Our results suggest that, more general, the use of ef-based versions with one and the same value for the parameters (that is, with Z1 = Z2 = Z3) does not automatically lead to an improvement in accuracy for potentials with a pronounced variation. This holds true only for potentials that are reasonably well approximated by a step function, as is the case of the Woods-Saxon potential which is frequently used in the literature. Otherwise, using three different Zk represents a good idea.

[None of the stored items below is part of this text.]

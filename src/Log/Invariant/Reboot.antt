-- ===== src/Log/Invariant/Reboot.antt =====
-- `pushRebootLog`, from a valid handler.
use ventilation_system_proje.Common.{
  ℕ, suc, ◌+◌, ◌<◌, ◌≡◌, refl, ap, ◌∙◌, List, some, arith, true, leb, lt→leb, le→leb, if◌then◌else◌,
  dec_lt,
}
use Prim.Native.String.{String}
use ventilation_system_proje.Eeprom.Storage.{Storage}
use ventilation_system_proje.Log.{
  LogHandler, RebootStatusCode, RebootStatusCode, ok, crash, forced_reboot, create_log_array,
  status_code, status_code, get_timestamp_since_boot, reboot_status_messages,
  reboot_status_messages,
}
use ventilation_system_proje.Log.Handler.{
  Publication, push_reboot_log, push_reboot_log, clear_slots, enter_log_to_eeprom, text_at,
  status_publication, status_publication,
}
use ventilation_system_proje.Log.Slots.{slot}
use ventilation_system_proje.Log.Push.{enter_log_stores}
use ventilation_system_proje.Log.Invariant.Entries.{Filled-same}
use ventilation_system_proje.Log.Invariant.Area.{next_slot}
use ventilation_system_proje.Log.Invariant.{
  log_base, reboot_base, reboot-IsArea, entry-first, IsValid, Pushed-either, AfterPush,
}

abbrev pub reboot_bytes : RebootStatusCode → ℕ → LogHandler → List ℕ
reboot_bytes status now h =
    create_log_array (status_code status) (get_timestamp_since_boot now h.boot_timestamp)

abbrev pub reboot_text : RebootStatusCode → String
reboot_text ok = "OK"
reboot_text crash = "Crash"
reboot_text forced_reboot = "Forced Reboot"

pub reboot_text_at :
    (status : RebootStatusCode)
    → text_at reboot_status_messages (status_code status) ≡ some (reboot_text status)
reboot_text_at ok = refl
reboot_text_at crash = refl
reboot_text_at forced_reboot = refl

module _ (s : Storage) where
  abbrev reboot_moved : LogHandler → ℕ → s.Mem → RebootStatusCode → LogHandler × s.Mem × Publication
  reboot_moved h k m1 status = (
    record h { unused_reboot_status_addr = slot reboot_base (next_slot k) },
    if leb 256 (suc k) then clear_slots s 256 reboot_base m1 else m1,
    status_publication (reboot_text status),
  )

  push_reboot_log-moves :
      (status : RebootStatusCode) (now : ℕ) (h : LogHandler) (m m1 : s.Mem) (k : ℕ)
      → h.has_comm_handler ≡ true
      → h.unused_reboot_status_addr ≡ slot reboot_base k
      → k < 256
      → enter_log_to_eeprom s (reboot_bytes status now h) 6 h.unused_reboot_status_addr m ≡ some m1
      → push_reboot_log s status now h m ≡ some (reboot_moved h k m1 status)
  unfolding push_reboot_log
  push_reboot_log-moves status now h m m1 k has a room e = elim (dec_lt (suc k) 256) [
    | yes more ↦
        let l : h.unused_reboot_status_addr + 8 ≡ slot reboot_base (next_slot k) = omega arith in
        rw
          (
            e,
            reboot_text_at status,
            lt→leb 4104 (h.unused_reboot_status_addr + 8) (omega arith),
            lt→leb 256 (suc k) more,
            has,
            l,
          )
          refl
    | no full ↦
        let l : slot reboot_base (next_slot k) ≡ 2056 = omega arith in
        rw
          (
            e,
            reboot_text_at status,
            le→leb 4104 (h.unused_reboot_status_addr + 8) (omega arith),
            le→leb 256 (suc k) (omega arith),
            has,
            l,
          )
          refl
  ]

  -- From a valid handler with a communication handler, `pushRebootLog` returns and publishes the
  -- status; it stores the entry of the status, sealed by a checksum that verifies, in the first
  -- free slot of the reboot log, or frees that whole log if this was its last slot; it changes no
  -- cell outside the log, and the handler is valid again.
  pub push_reboot_log_lem :
      (status : RebootStatusCode) (now : ℕ) (h : LogHandler) (m : s.Mem) (j k : ℕ)
      → IsValid s h m j k
      → h.has_comm_handler ≡ true
      → AfterPush s reboot_base k j
          (next_slot k)
          (reboot_bytes status now h)
          (status_publication (reboot_text status))
          m
          (push_reboot_log s status now h m)
  push_reboot_log_lem status now h m j k v has =
      let code = status_code status in
      let time = get_timestamp_since_boot now h.boot_timestamp in
      let r = v.reboots.room in
      let at = v.reboot_addr in
      let (entry, is_entry, stores) =
        enter_log_stores s code time (slot reboot_base k) m (omega arith) in
      let (len, first) = entry-first code time entry is_entry in
      let stores' = ap (λ a. enter_log_to_eeprom s (reboot_bytes status now h) 6 a m) at ∙ stores in
      let p = Pushed-either s m reboot-IsArea v.ready v.reboots len first in
      record {
        handler = record h { unused_reboot_status_addr = slot reboot_base (next_slot k) };
        mem =
            if leb 256 (suc k)
            then clear_slots s 256 reboot_base (s.store (slot reboot_base k) entry m)
            else s.store (slot reboot_base k) entry m;
        returns =
            push_reboot_log-moves status now h m (s.store (slot reboot_base k) entry m) k has at r
              stores';
        entry = entry;
        is_entry = is_entry;
        pushed = p;
        valid = record {
          ready = p.ready;
          log_addr = v.log_addr;
          logs = Filled-same (s.cell m) _ log_base j (λ b q w. p.outside b (omega arith)) v.logs;
          reboot_addr = refl;
          reboots = p.filled;
        };
      }
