-- ===== src/Log/Invariant/Restart.antt =====
-- The constructor of the log handler after a restart, and what `printValidLogs` shows of an entry.
use mathlib.Core.Path.{fun_ext}
use ventilation_system_proje.Common.{
  ℕ, ◌+◌, ◌/◌, ◌^◌, ◌<◌, ◌≡◌, refl, sym, ap, ◌∙◌, Option, some, arith, false, subst, u32,
}
use ventilation_system_proje.Eeprom.Storage.{Storage}
use ventilation_system_proje.Log.{
  LogHandler, msg_log, reboot_status, credentials_use_addr, credentials_start_addr,
}
use ventilation_system_proje.Log.Handler.{find_slot, use_slot, find_first_available_log, construct}
use ventilation_system_proje.Log.Slots.{slot, find_slot-Searched}
use ventilation_system_proje.Log.Invariant.Entries.{Filled, Search-Filled}
use ventilation_system_proje.Log.Invariant.{log_base, reboot_base, IsValid}

module _ (s : Storage) where
  -- The memory behind a search is as before, and the search names the first free slot.
  record Found (base k : ℕ) (m : s.Mem) (out : Option ℕ × s.Mem) : Type 0 where
    ready : s.IsReady out.1
    same : s.cell out.1 ≡ s.cell m
    place : out.0 ≡ some (slot base k)

  find_slot-Found :
      (base k : ℕ) (m : s.Mem)
      → base + 2048 < 2 ^ 15
      → s.IsReady m
      → Filled (s.cell m) base k
      → Found base k m (find_slot s 256 base m)
  find_slot-Found base k m h v p =
      let f = find_slot-Searched s 256 base m (omega arith) v in
      record { ready = f.ready; same = fun_ext f.same; place = Search-Filled p f.found }

  find_msg_log :
      (h : LogHandler) (m : s.Mem) (a : ℕ)
      → (find_slot s 256 log_base m).0 ≡ some a
      → find_first_available_log s msg_log h m
        ≡ (record h { unused_log_addr = a }, (find_slot s 256 log_base m).1)
  unfolding find_first_available_log use_slot
  find_msg_log h m a e = ap (λ o. use_slot s msg_log o h (find_slot s 256 log_base m).1) e

  find_reboot_status :
      (h : LogHandler) (m : s.Mem) (a : ℕ)
      → (find_slot s 256 reboot_base m).0 ≡ some a
      → find_first_available_log s reboot_status h m
        ≡ (record h { unused_reboot_status_addr = a }, (find_slot s 256 reboot_base m).1)
  unfolding find_first_available_log use_slot
  find_reboot_status h m a e =
      ap (λ o. use_slot s reboot_status o h (find_slot s 256 reboot_base m).1) e

  -- What the constructor makes of the slots that its two searches find.
  constructed :
      (now_ms a b : ℕ) (raw : LogHandler) (m : s.Mem)
      → (find_slot s 256 log_base m).0 ≡ some a
      → (find_slot s 256 reboot_base (find_slot s 256 log_base m).1).0 ≡ some b
      → construct s now_ms raw m ≡ (
        record raw {
          has_comm_handler = false;
          unused_log_addr = a;
          unused_reboot_status_addr = b;
          unused_comm_config_addr = credentials_use_addr;
          current_comm_config_addr = credentials_start_addr;
          boot_timestamp = u32 (now_ms / 1000);
        },
        (find_slot s 256 reboot_base (find_slot s 256 log_base m).1).1,
      )
  unfolding construct find_first_available_log use_slot
  constructed now_ms a b raw m e f = rw (e, f) refl

  -- Over a ready storage whose areas hold `k` and `j` entries from the first slot on without a
  -- gap, the constructor makes a valid handler for `k` and `j`, whatever the object's memory held
  -- before, and changes no cell.
  pub construct-IsValid :
      (now_ms : ℕ) (raw : LogHandler) (m : s.Mem) (k j : ℕ)
      → s.IsReady m
      → Filled (s.cell m) log_base k
      → Filled (s.cell m) reboot_base j
      → let out = construct s now_ms raw m in IsValid s out.0 out.1 k j × (s.cell out.1 ≡ s.cell m)
  construct-IsValid now_ms raw m k j v logs reboots =
      let f = find_slot-Found log_base k m (omega arith) v logs in
      let m1 = (find_slot s 256 log_base m).1 in
      let reboots1 = subst (λ c. Filled c reboot_base j) (sym f.same) reboots in
      let g = find_slot-Found reboot_base j m1 (omega arith) f.ready reboots1 in
      let same = g.same ∙ f.same in
      rw (constructed now_ms (slot log_base k) (slot reboot_base j) raw m f.place g.place) (
        record {
          ready = g.ready;
          log_addr = refl;
          logs = subst (λ c. Filled c log_base k) (sym same) logs;
          reboot_addr = refl;
          reboots = subst (λ c. Filled c reboot_base j) (sym same) reboots;
        },
        same,
      )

These remarks do not restrict to the Numerov method. For any other method based on exponential fitting, the choice of sets with different values for the parameters, instead of a single one, will add more flexibility and therefore more chances for accuracy gain. The total number of parameters may vary from one method to another. Anyway, in any such situation, the use of the numerical solvers REGSOLV or REGSOLV2 for the coefficients will continue to play a central role.

Also worth adding is that the way how the values of the parameters should be advantageously selected remains open at this stage, especially for second-order differential equations of general form \(y^{\prime \prime }=f(x,y)\).

4 Conclusions

We have considered the Numerov method to introduce the new scheme \(S^{*}_{3}\) which is more flexible than the existing ones and includes them as particular cases. The important feature is that now the coefficients are computed numerically, not by analytical expressions, as before, and the numerical values obtained in this way are practically as accurate as those from analytic expressions. Fortran 95 subroutine REGSOLV was used for this purpose. Subroutine REGSOLV2 can be also used according to the case. The major advantage is that now the knowledge of the analytic expressions of the coefficients and their series expansions, which usually consists in sets of lengthy formulas, is no more needed. Only the generating system, as are (4) or (15) for the Numerov method, has to be formulated and communicated to the potential readers.